Stored items from a collection

Content starts

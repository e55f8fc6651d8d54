-- ===== src/Sandbox/SafeJoin.antt =====
-- internal/sandbox/tarball.go, safeJoin, with what it uses of path/filepath on a system whose
-- separator is the slash. A clean absolute path is the list of its components.
use dittobench_api.Base.{
  ℕ, Bool, true, false, Option, none, some, List, [], ◌∷◌, ◌++◌, ◌≡◌, refl, ap, ◌⊎◌, inl, inr, ◌==◌,
  ◌||◌, nat_eq, if◌then◌else◌, arith, map, sym, ◌∙◌, Bool-cases,
}
use mathlib.Core.List.{reverse}
use dittobench_api.Base.Text.{bytes_of, same_text, same_text_iff, trim_space}

abbrev pub Location : Type 0
Location = List (List ℕ)

abbrev onto_first : ℕ → Location → Location
onto_first c [] = (c ∷ []) ∷ []
onto_first c (s ∷ ss) = (c ∷ s) ∷ ss

-- The texts between the slashes.
unfoldable pub components : List ℕ → Location
components [] = [] ∷ []
components (c ∷ s) = let rest = components s in if c == b'/' then [] ∷ rest else onto_first c rest

abbrev pub is_here : List ℕ → Bool
is_here s = same_text s [] || same_text s (bytes_of ".")

abbrev pub up : List ℕ
up = bytes_of ".."

abbrev pub is_up : List ℕ → Bool
is_up s = same_text s up

abbrev pub starts_up : Location → Bool
starts_up [] = false
starts_up (s ∷ ss) = is_up s

abbrev parent : Location → Location
parent [] = []
parent (s ∷ ss) = ss

-- filepath.Clean of a relative name. The path before a component has its last component first.
unfoldable pub clean_relative : Location → Location → Location
clean_relative before [] = reverse before
clean_relative before (s ∷ ss) =
    if is_here s
    then clean_relative before ss
    else if is_up s
    then clean_relative (elim before [ [] ↦ s ∷ [] | t ∷ ts ↦ if is_up t then s ∷ t ∷ ts else ts ])
        ss
    else clean_relative (s ∷ before) ss

-- filepath.Clean of an absolute path that goes on with the components: the root is its own parent.
unfoldable pub clean_absolute : Location → Location → Location
clean_absolute before [] = reverse before
clean_absolute before (s ∷ ss) =
    if is_here s
    then clean_absolute before ss
    else if is_up s
    then clean_absolute (parent before) ss
    else clean_absolute (s ∷ before) ss

-- filepath.Rel of two clean absolute paths.
unfoldable pub relative : Location → Location → Location
relative [] target = target
relative (s ∷ root) [] = up ∷ map (λ _. up) root
relative (s ∷ root) (t ∷ target) =
    if same_text s t then relative root target else up ∷ (map (λ _. up) root ++ t ∷ target)

abbrev is_absolute : List ℕ → Bool
is_absolute [] = false
is_absolute (c ∷ s) = c == b'/' || c == 0x5c

-- none is an error.
unfoldable pub safe_join : Location → List ℕ → Option Location
safe_join root name =
    if same_text (trim_space name) [] || is_absolute name
    then none
    else let target = clean_absolute (reverse root) (clean_relative [] (components name)) in
      if starts_up (relative root target) then none else some target

below_or_up :
    (root target : Location)
    → ((rest : Location) × (target ≡ root ++ rest)) ⊎ (starts_up (relative root target) ≡ true)
unfolding relative
below_or_up [] target = inl (target, refl)
below_or_up (s ∷ root) [] = inr refl
below_or_up (s ∷ root) (t ∷ target) = elim (Bool-cases (same_text s t)) [
  | inl same ↦ elim (below_or_up root target) [
    | inl (rest, below) ↦
        let equal : t ≡ s = sym ((same_text_iff s t).0 same) in
        inl (rest, ap (λ u. u ∷ target) equal ∙ ap (λ ts. s ∷ ts) below)
    | inr escapes ↦ inr (ground (arith, same, escapes))
  ]
  | inr differ ↦ inr (ground (arith, differ))
]

-- A path that safeJoin accepts lies in the extraction root: it is the root's, and then whatever the
-- name adds.
pub safe_join-inside :
    (root : Location) (name : List ℕ) (target : Location)
    → safe_join root name ≡ some target
    → (rest : Location) × (target ≡ root ++ rest)
unfolding safe_join
safe_join-inside root name target h =
    let joined = clean_absolute (reverse root) (clean_relative [] (components name)) in
    let same : joined ≡ target = ground (arith, h) in
    elim (below_or_up root joined) [
      | inl (rest, below) ↦ (rest, sym same ∙ below)
      | inr escapes ↦ absurd (ground (arith, h, escapes))
    ]
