-- ===== src/Sandbox/Extract.antt =====
-- internal/sandbox/tarball.go, extractTarGz: the extraction loop. What the disk, the archive reader
-- and the context do comes from outside, by the number of the member.
use dittobench_api.Base.{
  ℕ, ◌+◌, ◌-◌, ◌%◌, min, Bool, true, false, not, Option, none, some, List, [], ◌∷◌, ltb, leb, ◌||◌,
  if◌then◌else◌,
}
use dittobench_api.Sandbox.SafeJoin.{Location, safe_join}

abbrev pub max_extracted_bytes : ℕ
max_extracted_bytes = 167772160

abbrev pub max_tarball_files : ℕ
max_tarball_files = 20000

pub data TypeFlag : Type 0 where
  type_reg type_dir other : TypeFlag

pub record Header : Type 0 where
  pub typeflag : TypeFlag
  pub name : List ℕ
  pub mode : ℕ
  pub size : ℕ

-- What tr.Next gives before the end of the archive.
pub data Next : Type 0 where
  entry : Header → Next
  corrupt : Next

-- `cancelled` is read before a member; `disk` is whether directories and the file can be made;
-- `breaks` is after how many bytes a copy of the body fails, if it does.
pub record Host : Type 0 where
  pub cancelled : ℕ → Bool
  pub disk : ℕ → Bool
  pub breaks : ℕ → Option ℕ

-- A file that was opened, with the bytes written to it.
pub record File : Type 0 where
  pub path : Location
  pub perm : ℕ
  pub bytes : ℕ

pub record Extraction : Type 0 where
  pub total : ℕ
  pub files : ℕ
  pub written : List File

abbrev pub empty_extraction : Extraction
empty_extraction = record { total = 0; files = 0; written = [] }

pub data Step : Type 0 where
  fails : Extraction → Step
  goes_on : Extraction → Step

-- sanePerm: of the permission bits, those of the owner to read and write are set, 0o600.
unfoldable pub sane_perm : ℕ → ℕ
sane_perm mode = 384 + mode % 128

-- io.Copy from a reader of a limited number of bytes: the bytes, and whether it ran to its end.
unfoldable pub copy : Option ℕ → ℕ → ℕ → ℕ × Bool
copy none size limit = (min size limit, true)
copy (some n) size limit = (min n (min size limit), false)

-- A body against its budget: the bytes are counted, also where the copy fails.
unfoldable pub charge : ℕ → ℕ × Bool → Extraction → Step
charge budget (n, whole) x =
    let y = record x { total = x.total + n } in
    if whole then (if ltb budget n then fails y else goes_on y) else fails y

unfoldable pub drain_counted : Host → ℕ → Extraction → Step
unfolding charge copy
drain_counted host size x =
    let budget = max_extracted_bytes - x.total in
    charge budget (copy (host.breaks x.files) size (budget + 1)) x

unfoldable pub write_regular : Host → Location → Header → Extraction → Step
unfolding charge copy sane_perm
write_regular host target h x =
    let budget = max_extracted_bytes - x.total in
    let copied = copy (host.breaks x.files) h.size (budget + 1) in
    charge budget copied (record x {
      written = record { path = target; perm = sane_perm h.mode; bytes = copied.0 } ∷ x.written;
    })

unfoldable pub extract_body : Host → Location → Header → Extraction → Step
unfolding write_regular drain_counted
extract_body host target h x = elim h.typeflag [
  | type_reg ↦
      if not (host.disk x.files) || leb max_extracted_bytes x.total
      then fails x
      else write_regular host target h x
  | type_dir ↦ if host.disk x.files then drain_counted host h.size x else fails x
  | other ↦ drain_counted host h.size x
]

unfoldable pub extract_entry : Host → Location → Header → Extraction → Step
unfolding extract_body
extract_entry host root h x =
    let y = record x { files = x.files + 1 } in
    if ltb max_tarball_files y.files then fails y else elim (safe_join root h.name) [
      | none ↦ fails y
      | some target ↦ extract_body host target h y
    ]

unfoldable pub extract_next : Host → Location → Next → Extraction → Step
unfolding extract_entry
extract_next host root (entry h) x = extract_entry host root h x
extract_next host root corrupt x = fails x

-- extractTarGz after the gzip header.
unfoldable pub extract : Host → Location → List Next → Extraction → Step
extract host root [] x = if host.cancelled x.files then fails x else goes_on x
extract host root (m ∷ ms) x =
    if host.cancelled x.files then fails x else elim (extract_next host root m x) [
      | fails y ↦ fails y
      | goes_on y ↦ extract host root ms y
    ]
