-- ===== src/Sandbox/Limits.antt =====
-- internal/sandbox/tarball.go: what an extraction can do at most, whatever the archive holds.
use dittobench_api.Base.{
  ℕ, ◌+◌, ◌≤◌, ◌<◌, Bool, true, false, not, Option, none, some, List, [], ◌∷◌, ◌++◌, ◌≡◌, refl, inl,
  inr, arith, ltb, leb, ◌||◌, if◌then◌else◌, All, Option-cases,
}
use dittobench_api.Sandbox.SafeJoin.{Location, safe_join, safe_join-inside}
use dittobench_api.Sandbox.Extract.{
  max_extracted_bytes, max_tarball_files, type_reg, type_dir, other, Header, Next, entry, corrupt,
  Host, File, Extraction, empty_extraction, Step, fails, goes_on, sane_perm, copy, charge,
  drain_counted, write_regular, extract_body, extract_entry, extract_next, extract,
}

-- A path in the extraction root.
abbrev pub Inside : Location → Location → Type 0
Inside root path = (rest : Location) × (path ≡ root ++ rest)

-- Written in the root, readable and writable by its owner, with permission bits only.
abbrev pub IsSafe : Location → File → Type 0
IsSafe root f = Inside root f.path × (384 ≤ f.perm) × (f.perm < 512)

abbrev pub bytes_written : List File → ℕ
bytes_written [] = 0
bytes_written (f ∷ fs) = f.bytes + bytes_written fs

-- Within its limits, up to some members and bytes over them.
pub record IsLimited (over : ℕ) (root : Location) (x : Extraction) : Type 0 where
  pub members : x.files ≤ max_tarball_files + over
  pub inflated : x.total ≤ max_extracted_bytes + over
  pub stored : bytes_written x.written ≤ x.total
  pub safe : All (IsSafe root) x.written

abbrev pub Judged : Location → Step → Type 0
Judged root (fails x) = IsLimited 1 root x
Judged root (goes_on x) = IsLimited 0 root x

module _ (host : Host) (root : Location) where
  loosened : (x : Extraction) → IsLimited 0 root x → IsLimited 1 root x
  loosened x v = record {
    members = omega (arith, v.members);
    inflated = omega (arith, v.inflated);
    stored = v.stored;
    safe = v.safe;
  }

  drain-Judged :
      (size : ℕ) (x : Extraction) → IsLimited 0 root x → Judged root (drain_counted host size x)
  unfolding drain_counted charge copy
  drain-Judged size x v = elim (Option-cases (host.breaks x.files)) [
    | inl whole ↦ ground (arith, whole, v.members, v.inflated, v.stored, v.safe)
    | inr (n, cut) ↦ ground (arith, cut, v.members, v.inflated, v.stored, v.safe)
  ]

  write-Judged :
      (target : Location) (h : Header) (x : Extraction)
      → Inside root target
      → IsLimited 0 root x
      → Judged root (write_regular host target h x)
  unfolding write_regular charge copy sane_perm
  write-Judged target h x inside v = elim (Option-cases (host.breaks x.files)) [
    | inl whole ↦ ground (arith, whole, inside, v.members, v.inflated, v.stored, v.safe)
    | inr (n, cut) ↦ ground (arith, cut, inside, v.members, v.inflated, v.stored, v.safe)
  ]

  Judged-if :
      (c : Bool) (s t : Step)
      → (c ≡ true → Judged root s)
      → (c ≡ false → Judged root t)
      → Judged root (if c then s else t)
  Judged-if true s t h k = h refl
  Judged-if false s t h k = k refl

  Judged-join :
      (joined : Option Location) (s : Step) (next : Location → Step)
      → Judged root s
      → ((target : Location) → joined ≡ some target → Judged root (next target))
      → Judged root (elim joined [ none ↦ s | some target ↦ next target ])
  Judged-join none s next h k = h
  Judged-join (some target) s next h k = k target refl

  Judged-then :
      (s : Step) (next : Extraction → Step)
      → Judged root s
      → ((y : Extraction) → IsLimited 0 root y → Judged root (next y))
      → Judged root (elim s [ fails y ↦ fails y | goes_on y ↦ next y ])
  Judged-then (fails y) next h k = h
  Judged-then (goes_on y) next h k = k y h

  body-Judged :
      (target : Location) (h : Header) (x : Extraction)
      → Inside root target
      → IsLimited 0 root x
      → Judged root (extract_body host target h x)
  unfolding extract_body
  body-Judged target h x inside v =
      elim h.typeflag
        as (λ t. Judged root (elim t [
          | type_reg ↦
              if not (host.disk x.files) || leb max_extracted_bytes x.total
              then fails x
              else write_regular host target h x
          | type_dir ↦ if host.disk x.files then drain_counted host h.size x else fails x
          | other ↦ drain_counted host h.size x
        ])) [
          | type_reg ↦
              Judged-if (not (host.disk x.files) || leb max_extracted_bytes x.total) (fails x)
                (write_regular host target h x) (λ _. loosened x v)
                (λ _. write-Judged target h x inside v)
          | type_dir ↦
              Judged-if (host.disk x.files) (drain_counted host h.size x) (fails x)
                (λ _. drain-Judged h.size x v) (λ _. loosened x v)
          | other ↦ drain-Judged h.size x v
        ]

  entry-Judged :
      (h : Header) (x : Extraction) → IsLimited 0 root x → Judged root (extract_entry host root h x)
  unfolding extract_entry
  entry-Judged h x v =
      let y : Extraction = record x { files = x.files + 1 } in
      Judged-if (ltb max_tarball_files (x.files + 1)) (fails y)
        (elim (safe_join root h.name) [
          | none ↦ fails y
          | some target ↦ extract_body host target h y
        ])
        (λ many. record {
          members = ground (arith, v.members);
          inflated = ground (arith, v.inflated);
          stored = v.stored;
          safe = v.safe;
        })
        (λ room.
          let w : IsLimited 0 root y = record {
            members = ground (arith, room);
            inflated = v.inflated;
            stored = v.stored;
            safe = v.safe;
          } in
          Judged-join (safe_join root h.name) (fails y) (λ target. extract_body host target h y)
            (loosened y w)
            (λ target joined.
              body-Judged target h y (safe_join-inside root h.name target joined) w))

  next-Judged :
      (m : Next) (x : Extraction) → IsLimited 0 root x → Judged root (extract_next host root m x)
  unfolding extract_next
  next-Judged corrupt x v = loosened x v
  next-Judged (entry h) x v = entry-Judged h x v

  extract-Judged :
      (ms : List Next) (x : Extraction) → IsLimited 0 root x → Judged root (extract host root ms x)
  unfolding extract
  extract-Judged [] x v =
      Judged-if (host.cancelled x.files) (fails x) (goes_on x) (λ _. loosened x v) (λ _. v)
  extract-Judged (m ∷ ms) x v =
      Judged-if (host.cancelled x.files) (fails x) _ (λ _. loosened x v)
        (λ _.
          Judged-then (extract_next host root m x) (extract host root ms) (next-Judged m x v)
            (λ y w. extract-Judged ms y w))

  -- Whatever an archive holds and however the extraction ends: every file that was opened lies in the
  -- extraction root, with permission bits only and readable and writable by its owner; the bytes
  -- written are among the counted ones; and no more than the limits of members and of uncompressed
  -- bytes are taken from the archive, or one more of either where the extraction fails.
  pub extraction_limited : (ms : List Next) → Judged root (extract host root ms empty_extraction)
  extraction_limited ms =
      extract-Judged ms empty_extraction (record {
        members = ground arith;
        inflated = ground arith;
        stored = ground arith;
        safe = tt;
      })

Content ends

### Exercise description
For this exercise, repeat exactly the lines of the data above from the one with "pub breaks : ℕ → Option ℕ" down to the one with "sane_perm mode = 384 + mode % 128", both end lines included.

### Answer for this exercise
  pub breaks : ℕ → Option ℕ

-- A file that was opened, with the bytes written to it.
pub record File : Type 0 where
  pub path : Location
  pub perm : ℕ
  pub bytes : ℕ

pub record Extraction : Type 0 where
  pub total : ℕ
  pub files : ℕ
  pub written : List File

abbrev pub empty_extraction : Extraction
empty_extraction = record { total = 0; files = 0; written = [] }

pub data Step : Type 0 where
  fails : Extraction → Step
  goes_on : Extraction → Step

-- sanePerm: of the permission bits, those of the owner to read and write are set, 0o600.
unfoldable pub sane_perm : ℕ → ℕ
sane_perm mode = 384 + mode % 128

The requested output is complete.